The result? A whole generation of content creators grew up on YouTube, and the platform surpassed even Facebook as the home of online creators.
According to Brightcove research, consumers prefer to learn about brands through video content, while others prefer to read about them. Even if you aren’t into social media, you probably know someone who is.
And let’s be honest, many of our blogs would be pretty dull without video content. So without YouTube, influencer marketing may never have taken off.
The Rise Of Instagram Influencers
Instagram started off as a photo-sharing platform but quickly grew to include stories, live videos, and other immersive content. This is why we see so many influencers post videos to their Instagram account first and foremost.
Even if you’re a blogger looking to build your audience, you can likely find the most success on Instagram.
This isn’t to say that other platforms don’t still have a place in the influencer marketing world. In fact, Snapchat is the preferred social media platform among consumers interested in fashion and style.
However, if you’re a brand that wants to reach millennials, Instagram is where you want to be. With over 500 million monthly active users, you’ll certainly find an audience there.
The Rise Of TikTok Influencers
It’s hard to ignore the rise of TikTok. With nearly 500 million monthly active users, the platform is one of the biggest out there.
And if you’re a creative who can create compelling content, you can likely find a niche on TikTok and drive lots of engagement with your audience.
Unlike most of the other platforms on this list, TikTok is all about quick hits. The app encourages users to “share” a brief video that will quickly disappear.
So while this may frustrate some creators, it is likely what encouraged so many people to flock to the platform in the first place.
In addition to creating a more intimate setting, these videos often focus on the content itself rather than the tool used to create it.
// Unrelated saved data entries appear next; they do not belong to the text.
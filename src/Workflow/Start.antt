-- ===== src/Workflow/Start.antt =====
-- orchestration.py: starting a workflow.
use the_pass.Prelude.{
  String, not, Option, none, some, [], ◌∷◌, str_eq, is_blank, is_empty, any_of, mem_text,
  if◌then◌else◌,
}
use the_pass.Prelude.Result.{Result, ok, ◌>>◌, raise_if}
use the_pass.Workflow.Errors.{WorkflowError, forbidden, unsupported_target, owners_required}
use the_pass.Workflow.State.{Policy, World, State, validate_workflow_state}

-- `timestamp or utc_now_iso()`
abbrev pub or_now : World → Option String → String
or_now w none = w.host.now
or_now w (some t) = if is_empty t then w.host.now else t

-- The arguments of `new_workflow_state`.
pub record Start : Type 0 where
  pub run_id : String
  pub objective : String
  pub target_gate : String
  pub strategy_owner : String
  pub run_owner : String
  pub ledger_path : String
  pub strategy_id : String
  pub timestamp : Option String

unfoldable pub new_workflow_state : World → Policy → Start → Result WorkflowError State
new_workflow_state w p a = do
  raise_if (str_eq a.target_gate p.forbidden_target) forbidden
  raise_if (not (mem_text a.target_gate p.target_gates)) unsupported_target
  raise_if (any_of is_blank (a.run_id ∷ a.objective ∷ a.strategy_owner ∷ a.run_owner ∷ []))
      owners_required
  let s : State = record {
    run_id = a.run_id;
    strategy_id = if is_empty a.strategy_id then "pending" else a.strategy_id;
    objective = a.objective;
    target_gate = a.target_gate;
    strategy_owner = a.strategy_owner;
    run_owner = a.run_owner;
    reviewer = none;
    started_at = or_now w a.timestamp;
    updated_at = or_now w a.timestamp;
    stage = "preflight";
    status = "in_progress";
    transitions_used = 0;
    remediation_laps = 0;
    no_progress_laps = 0;
    package_path = none;
    package_id = none;
    ledger_path = w.resolve a.ledger_path;
    evidence_paths = [];
    blockers = [];
    next_action = "run preflight";
  }
  validate_workflow_state w p s
  ok s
Because of this, brands can work with influencers without having to worry about the platform changing its terms of service at any time.
The Decline Of Brand Loyalty
Now, more than ever, consumers feel empowered to research brands before buying products they love.
Although reviews and personal experience are still critical, consumers are starting to use their knowledge to learn about brands instead of solely relying on marketing and advertising to educate them.
Even if you’re not a blogger, you probably know someone who is. And, for the most part, they are happy to rely on your advice or tips. After all, you are an expert in their eyes.
You may be in trouble if you are an influencer who solely relies on brand loyalty to make money.
While your content is still important, consumers are capable of ignoring your recommendations if you aren’t providing value. This reduces the amount of “organic” traffic you receive, damaging your traffic growth.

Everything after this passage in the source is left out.